What this task involves ::
Reproduce exactly, from the line containing "first ↦ ground arith", every line down to the end of the data below.

Data provided ::
_ _ _ _ _ _ _

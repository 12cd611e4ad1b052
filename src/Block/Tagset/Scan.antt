-- ===== src/Block/Tagset/Scan.antt =====
-- The search for a free tag in kb_block_subsystem_tagset_alloc_tag.
use kobox.Prelude.{
  Bool-cases, List, arith, get_or, if◌then◌else◌, inc32, inl, inr, leb, none, some, suc, u32_mod,
  zero, ℕ, ◌+◌, ◌<◌, ◌==◌, ◌||◌, ◌≡◌, ◌≢◌, ◌≤◌, ◌⊎◌,
}
use kobox.Block.Tagset.{scan_tags}

module _ (rqs : List ℕ) (limit : ℕ) (small : limit < u32_mod) (some_tags : 2 ≤ limit) where
  pub scan_tags-some :
      (rounds tag : ℕ) {t : ℕ}
      → scan_tags rqs limit rounds tag ≡ some t
      → (1 ≤ t) × (t < limit) × (get_or rqs t 0 ≡ 0)
  unfolding scan_tags
  scan_tags-some zero tag h = absurd (cc)
  scan_tags-some (suc rounds) tag {t} h =
      ground (
        arith,
        scan_tags-some rounds (inc32 (if tag == 0 || leb limit tag then 1 else tag)) {t = t},
      )

  -- From `tag` on the loop looks at `rounds` tags, going round from `limit` to 1.
  pub scan_tags-none :
      (rounds tag u : ℕ)
      → scan_tags rqs limit rounds tag ≡ none
      → 1 ≤ tag
      → tag ≤ limit
      → 1 ≤ u
      → u < limit
      → ((tag ≤ u) × (u < tag + rounds)) ⊎ (u + limit < 1 + rounds + tag)
      → get_or rqs u 0 ≢ 0
  unfolding scan_tags
  scan_tags-none zero tag u h a b c e f = absurd (omega arith)
  scan_tags-none (suc rounds) tag u h a b c e f = elim (Bool-cases (leb limit tag)) [
    | inl over ↦ elim (Bool-cases (u == 1)) [
      | inl first ↦ ground arith
      | inr later ↦
          scan_tags-none rounds 2 u (ground arith) (omega arith) (omega arith) c e
            (inl (ground arith, ground arith))
    ]
    | inr inside ↦ elim (Bool-cases (u == tag)) [
      | inl here ↦ ground arith
      | inr later ↦
          scan_tags-none rounds (inc32 tag) u (ground arith) (ground arith) (ground arith) c e
            (ground arith)
    ]
  ]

_ _ _ _ _ _ _

Answer ::
      | inl first ↦ ground arith
      | inr later ↦
          scan_tags-none rounds 2 u (ground arith) (omega arith) (omega arith) c e
            (inl (ground arith, ground arith))
    ]
    | inr inside ↦ elim (Bool-cases (u == tag)) [
      | inl here ↦ ground arith
      | inr later ↦
          scan_tags-none rounds (inc32 tag) u (ground arith) (ground arith) (ground arith) c e
            (ground arith)
    ]
  ]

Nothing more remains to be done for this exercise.